Así las cosas, del olvido del gobierno Santos que le dio la espalda al crecimiento económico y de la soledad vivida por el sector productivo en tantos años, nos queda gran parte de los pesares del momento, de lo cual, espero y aspiro, saldremos con ánimo de vencedores y con aliento patriótico bajo la tea del presidente Duque Márquez.

A esa ya de por sí desalentadora situación, se le sumaron dos tragedias de colosal tamaño. La una, francamente previsible; la otra, extraordinaria, imprevisible y aún no lo suficientemente bien ponderada.

Por una parte, en la ‘era Santos’ se cuadruplicaron los cultivos ilícitos de cocaína (más de 200.000 hectáreas cultivadas) y se disparó la minería ilegal. Empero, lo más traumático de todo, es que la guerra contra la criminalidad encontró su principal obstáculo en una prolongadísima, desgastante e ingente negociación con el terrorismo que desembocó en una sustitución constitucional de tamaño magno. Todo lo cual, de suyo (y todo hay que decirlo), conllevó a la parálisis neta de las fuerzas del orden constitucional. Los criminales se quedaron sin su verdugo. La nación colombiana sustituyó su Carta Política.

Total, se negociaron bien algunas cosas con las FARC, muy bien otras pocas (como la desmovilización y el desarme) y pesimamente mal la mayoría, entre ellas, el tema de las drogas, como causa eficiente del actual conflicto colombiano.

Por el otro lado, nos encontramos con que ‘el nuevo mejor amigo’ del expresidente Juan Manuel Santos, el señor Nicolás Maduro y su régimen, empezaron a exportar con rotundo éxito algo más que petróleo. Empezaron a exportar sus gentes, sus nacionales, sus compatriotas, por miles en un principio, por millares a la postre. Todos, sin excepción alguna, como víctimas del experimento socialista del siglo XXI. La miseria ronda Venezuela y los efectos los padece toda la región y, si me apuran, el mundo entero. Más de 4,5 millones de personas han salido de Venezuela en una ventana de tiempo menor a los 4 años, de los cuales 1,6 se asientan en territorio colombiano.

¿Cómo hacerle frente pues a una difícil situación macroeconómica y a la inconmensurable diáspora venezolana con una nación sísmicamente dividida como la que heredó el presidente Duque? ¿Cómo hacerlo sin contar con las mayorías políticas que permitan la gobernabilidad?, ¿y cómo dar respuesta a los legítimos reclamos de una cada vez más envalentonada oposición política de izquierdas que reclaman el cumplimiento de unos acuerdos con el narcoterrorismo financieramente incumplibles desde su origen?
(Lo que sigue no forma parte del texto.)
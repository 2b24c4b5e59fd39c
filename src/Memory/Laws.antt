-- ===== src/Memory/Laws.antt =====
-- What stands where after a copy.
use model_lib.Prelude.{ℕ, ◌+◌, ◌-◌, ◌*◌, ◌≤◌, ◌<◌, ◌≡◌, ◌⊎◌, ap, arith}
use model_lib.Memory.{Bytes, u16_at, copy_to}

pub copy_to_in :
    (m : Bytes) (at : ℕ) (src : Bytes) (n i k : ℕ)
    → i ≡ at + k
    → k < n
    → copy_to m at src n i ≡ src k
unfolding copy_to
copy_to_in m at src n i k e h = let back : i - at ≡ k = omega arith in ground (arith, ap src back)

pub copy_to_out :
    (m : Bytes) (at : ℕ) (src : Bytes) (n i : ℕ)
    → (i < at) ⊎ (at + n ≤ i)
    → copy_to m at src n i ≡ m i
unfolding copy_to
copy_to_out m at src n i h = ground arith

-- Every byte of a copy is a byte of one of the two.
pub copy_to-byte :
    (m : Bytes) (at : ℕ) (src : Bytes) (n : ℕ)
    → ((i : ℕ) → m i < 256)
    → ((i : ℕ) → src i < 256)
    → (i : ℕ) → copy_to m at src n i < 256
unfolding copy_to
copy_to-byte m at src n h k i = ground (arith, h i, k (i - at))

-- A number of two bytes behind a copy of two bytes.
pub u16_at-copy_to_self :
    (m : Bytes) (at : ℕ) (src : Bytes) → u16_at (copy_to m at src 2) at ≡ src 0 + 256 * src 1
u16_at-copy_to_self m at src = omega (
  arith,
  copy_to_in m at src 2 at 0 (omega arith) (omega arith),
  copy_to_in m at src 2 (at + 1) 1 (omega arith) (omega arith),
)

pub u16_at-copy_to_apart :
    (m : Bytes) (at : ℕ) (src : Bytes) (n p : ℕ)
    → (p + 2 ≤ at) ⊎ (at + n ≤ p)
    → u16_at (copy_to m at src n) p ≡ u16_at m p
u16_at-copy_to_apart m at src n p h =
    omega
      (arith, copy_to_out m at src n p (omega arith), copy_to_out m at src n (p + 1) (omega arith))
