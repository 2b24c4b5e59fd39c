-- ===== src/Volume/Layout.antt =====
-- volume.c: what the superblock of a formatted volume says, and that a write behind it keeps it.
use model_lib.Prelude.{
  ℕ, ◌+◌, ◌-◌, ◌*◌, ◌%◌, ◌^◌, ◌≤◌, ◌<◌, ◌==◌, ◌≡◌, refl, sym, ◌∙◌, ltb, if◌then◌else◌, le→ltb,
  ne→==, arith, min, false, ok, max, fun_ext, ap,
}
use model_lib.Memory.{Bytes, copy_to}
use model_lib.Memory.Laws.{copy_to_out, copy_to-byte}
use model_lib.Volume.{
  Volume, sb_size, max_pos, sb_of, read_at, write_at, read_sb, end_cluster_of, get_end_cluster,
}

-- A volume that is made by `create_volume`, with `w` bytes to an index and `s` sectors to each of
-- the two copies of the table, behind one sector of superblock.
pub record Layout (w s : ℕ) (v : Volume) : Type 0 where
  pub sector : (sb_of v.bytes).bytes_per_sector ≡ 512
  pub copies : (sb_of v.bytes).copies_of_fat ≡ 2
  pub sectors : (sb_of v.bytes).sectors_of_fat ≡ s
  pub fat : (sb_of v.bytes).fat_sector ≡ 1
  pub data_sector : (sb_of v.bytes).data_cluster_sector ≡ 1 + s * 2
  pub width : (sb_of v.bytes).fat_index_size ≡ w
  pub few : s < 65536
  pub room : 512 * (1 + s * 2) ≤ v.size
  pub byte : (i : ℕ) → v.bytes i < 256

-- Reading inside the file gives the file's bytes.
pub read_at_inside :
    (v : Volume) (pos n : ℕ) (ptr : Bytes) (i : ℕ)
    → pos + n ≤ v.size
    → pos < 2 ^ 64
    → i < n
    → read_at v pos ptr n i ≡ v.bytes (pos + i)
unfolding read_at
read_at_inside v pos n ptr i h k l = ground arith

-- As a function, from where the file holds all the bytes.
pub read_at_lem :
    (v : Volume) (pos n : ℕ) (ptr : Bytes)
    → pos + n ≤ v.size
    → pos < 2 ^ 64
    → read_at v pos ptr n ≡ (λ i. if ltb i n then v.bytes (pos + i) else ptr i)
unfolding read_at
read_at_lem v pos n ptr h k = fun_ext λ i. ground arith

pub read_sb_lem : (v : Volume) → sb_size ≤ v.size → read_sb v ≡ ok (sb_of v.bytes)
unfolding read_sb
read_sb_lem v h =
    let long : min 512 (v.size - 0) ≡ 512 = omega arith in
    let short : ltb v.size 512 ≡ false = le→ltb v.size 512 h in rw (short, long)

pub write_at_lem :
    (v : Volume) (pos n : ℕ) (ptr : Bytes)
    → 0 < n
    → pos + n ≤ max_pos
    → write_at v pos ptr n
      ≡ record { bytes = copy_to v.bytes pos ptr n; size = max v.size (pos + n); f_pos = pos + n }
unfolding write_at
write_at_lem v pos n ptr h k =
    let place : pos % 2 ^ 64 ≡ pos = omega arith in
    let some_bytes : (n == 0) ≡ false = ne→== n 0 (omega arith) in
    let fits : ltb max_pos (pos + n) ≡ false = le→ltb max_pos (pos + n) k in
    rw (place, some_bytes, fits)

-- The superblock is a function of the first sector.
abbrev first_sector : Bytes → Bytes
first_sector m i = if ltb i sb_size then m i else 0

sb_of-first_sector : (m : Bytes) → sb_of (first_sector m) ≡ sb_of m
unfolding sb_of
sb_of-first_sector m = refl

pub same_sb : (m m' : Bytes) → ((i : ℕ) → i < sb_size → m' i ≡ m i) → sb_of m' ≡ sb_of m
same_sb m m' same =
    sym (sb_of-first_sector m')
    ∙ ap sb_of (fun_ext λ i. ground (arith, same i))
    ∙ sb_of-first_sector m

pub Layout-same :
    (w s : ℕ) (v v' : Volume)
    → Layout w s v
    → ((i : ℕ) → i < sb_size → v'.bytes i ≡ v.bytes i)
    → v.size ≤ v'.size
    → ((i : ℕ) → v'.bytes i < 256)
    → Layout w s v'
Layout-same w s v v' l same longer byte =
    let e : sb_of v'.bytes ≡ sb_of v.bytes = same_sb v.bytes v'.bytes same in
    record {
      sector = rw e l.sector;
      copies = rw e l.copies;
      sectors = rw e l.sectors;
      fat = rw e l.fat;
      data_sector = rw e l.data_sector;
      width = rw e l.width;
      few = l.few;
      room = omega (arith, l.room);
      byte = byte;
    }

module _ {w s : ℕ} {v : Volume} (l : Layout w s v) where
  pub layout_sb : read_sb v ≡ ok (sb_of v.bytes)
  layout_sb = read_sb_lem v (omega (arith, l.room))

  pub layout_end : get_end_cluster v ≡ end_cluster_of w
  unfolding get_end_cluster
  layout_end = rw (layout_sb, l.width)

  -- A write behind the superblock keeps the layout.
  pub Layout-write_at :
      (pos n : ℕ) (ptr : Bytes)
      → 512 ≤ pos
      → 0 < n
      → pos + n ≤ max_pos
      → ((i : ℕ) → ptr i < 256)
      → Layout w s (write_at v pos ptr n)
  Layout-write_at pos n ptr h some_bytes k b = rw (write_at_lem v pos n ptr some_bytes k) (
      Layout-same w s v _ l (λ i below. copy_to_out v.bytes pos ptr n i (omega arith)) (omega arith)
        (copy_to-byte v.bytes pos ptr n l.byte b))
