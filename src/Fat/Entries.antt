-- ===== src/Fat/Entries.antt =====
-- fat.c: reading and writing one entry of the table of a formatted volume.
use model_lib.Prelude.{
  ℕ, ◌+◌, ◌-◌, ◌*◌, ◌%◌, max, ◌≤◌, ◌<◌, ◌==◌, ◌≡◌, ◌≢◌, if◌then◌else◌, true, false, le→ltb,
  Bool-cases, ==→eq, ==→ne, inl, inr, arith, ap, ok, ltb,
}
use native.Mathlib.Nat.{add-zero}
use model_lib.Memory.{zeroed, u16_at, u32_at, bytes_of, copy_to}
use model_lib.Memory.Laws.{u16_at-copy_to_self, u16_at-copy_to_apart}
use model_lib.Volume.{Volume, write_at, sb_of}
use model_lib.Volume.Layout.{Layout, layout_sb, read_at_lem, write_at_lem, Layout-write_at}
use model_lib.Fat.{
  u32_mod, u128_mod, start_position, end_position, read_fat_index, write_in_fat_index,
}

-- Where entry `i` stands.
abbrev pub entry_pos : (w i : ℕ) → ℕ
entry_pos w i = 512 + w * (i - 2)

module _ {w s : ℕ} {v : Volume} (l : Layout w s v) where
  pub start_lem : start_position (sb_of v.bytes) ≡ 512
  start_lem = rw (l.fat, l.sector)

  pub end_lem : end_position (sb_of v.bytes) ≡ 512 * (1 + s * 2)
  end_lem = rw (l.fat, l.sector, l.sectors, l.copies) (omega (arith, l.few))

-- The value of entry `i`: `w` bytes of the file, little endian.
abbrev pub entry : (w : ℕ) → Volume → ℕ → ℕ
entry w v i = u32_at (λ j. if ltb j w then v.bytes (entry_pos w i + j) else 0) 0

-- Entry `i` lies in the two copies of the table.
abbrev pub InFat : (w s i : ℕ) → Type 0
InFat w s i = (2 ≤ i) × (w * (i - 2) + w ≤ 1024 * s)

module _ {w s : ℕ} {v : Volume} (l : Layout w s v) (i : ℕ) (inside : InFat w s i) where
  wide_position :
      i < u128_mod
      → (start_position (sb_of v.bytes) + w * ((i + u128_mod - 2) % u128_mod) % u128_mod) % u128_mod
        ≡ entry_pos w i
  wide_position small =
      let e : (i + u128_mod - 2) % u128_mod ≡ i - 2 = omega arith in
      rw e (omega (arith, start_lem l, l.few))

  narrow_position :
      i < u32_mod
      → (start_position (sb_of v.bytes) + w * ((i + u32_mod - 2) % u32_mod)) % u32_mod
        ≡ entry_pos w i
  narrow_position small =
      let e : (i + u32_mod - 2) % u32_mod ≡ i - 2 = omega arith in
      rw e (omega (arith, start_lem l, l.few))

  in_table : ltb (end_position (sb_of v.bytes)) (entry_pos w i) ≡ false
  in_table = le→ltb _ _ (omega (arith, end_lem l))

  pub read_fat_index-entry : i < u128_mod → w ≤ 4 → read_fat_index v i ≡ ok (entry w v i)
  unfolding read_fat_index
  read_fat_index-entry small narrow =
      let fits : ltb 4 w ≡ false = le→ltb 4 w narrow in
      rw (
        layout_sb l,
        l.width,
        wide_position small,
        in_table,
        fits,
        read_at_lem v (entry_pos w i) w zeroed (omega (arith, l.room)) (omega (arith, l.few)),
      )

  pub write_in_fat_index-ok :
      (value : ℕ)
      → i < u32_mod
      → write_in_fat_index v i value ≡ ok (true, write_at v (entry_pos w i) (bytes_of value) 2)
  unfolding write_in_fat_index
  write_in_fat_index-ok value small = rw (layout_sb l, l.width, narrow_position small, in_table)

-- What a write of two bytes at an entry leaves in the file.
abbrev pub set_entry : (w : ℕ) → Volume → (i value : ℕ) → Volume
set_entry w v i value = write_at v (entry_pos w i) (bytes_of value) 2

module _ {w s : ℕ} {v : Volume} (l : Layout w s v) (i value : ℕ) (inside : InFat w s i) where
  pub set_entry_lem : set_entry w v i value ≡ record {
    bytes = copy_to v.bytes (entry_pos w i) (bytes_of value) 2;
    size = max v.size (entry_pos w i + 2);
    f_pos = entry_pos w i + 2;
  }
  set_entry_lem =
      write_at_lem v (entry_pos w i) 2 (bytes_of value) (omega arith) (omega (arith, l.few))

  -- The table and the data stay a formatted volume.
  pub Layout-set_entry : Layout w s (set_entry w v i value)
  Layout-set_entry =
      Layout-write_at l (entry_pos w i) 2 (bytes_of value) (omega arith) (omega arith)
        (omega (arith, l.few)) (λ j. omega arith)

pub entry-u16 : (v : Volume) (i : ℕ) → entry 2 v i ≡ u16_at v.bytes (entry_pos 2 i)
entry-u16 v i = omega (arith, ap v.bytes (add-zero (entry_pos 2 i)))

-- Where an index has two bytes, a write is seen by a read of the same entry and by no other.
pub entry-set_entry :
    {s : ℕ} {v : Volume} (l : Layout 2 s v) (i j value : ℕ)
    → InFat 2 s i
    → 2 ≤ j
    → entry 2 (set_entry 2 v i value) j ≡ (if i == j then value % 65536 else entry 2 v j)
entry-set_entry {v} l i j value inside low =
    rw (entry-u16 (set_entry 2 v i value) j, entry-u16 v j, set_entry_lem l i value inside)
      (elim (Bool-cases (i == j)) [
        | inl e ↦
            let same : i ≡ j = ==→eq i j e in
            rw (e, ← same, u16_at-copy_to_self v.bytes (entry_pos 2 i) (bytes_of value))
              (omega arith)
        | inr ne ↦
            let other : i ≢ j = ==→ne i j ne in
            rw (
              ne,
              u16_at-copy_to_apart v.bytes (entry_pos 2 i) (bytes_of value) 2 (entry_pos 2 j)
                  (omega arith),
            )
      ])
Esos son algunos de los retos (ciertamente los más relevantes) a los que se enfrenta el gobierno de este joven, brillante y valiente presidente. Su hazaña consistirá en gobernar; en gobernar bien; en administrar el legado de desazón, desunión e incertidumbre que recibió por suerte en sus manos. Y lo hará, quiero creer, con el estoicismo humanista de quien dirige los destinos de un pueblo sin esperar nada a cambio más que saber que se hace la bienaventuranza de unas gentes que por su estoico esfuerzo se merecen lo mejor.

Por eso la gloria de Duque consistirá en pasar a la historia con humildad, con la satisfacción del deber cumplido, de haber salvado una patria que se niega a aceptar el caos y el anarquismo y el socialismo como futuro inevitable.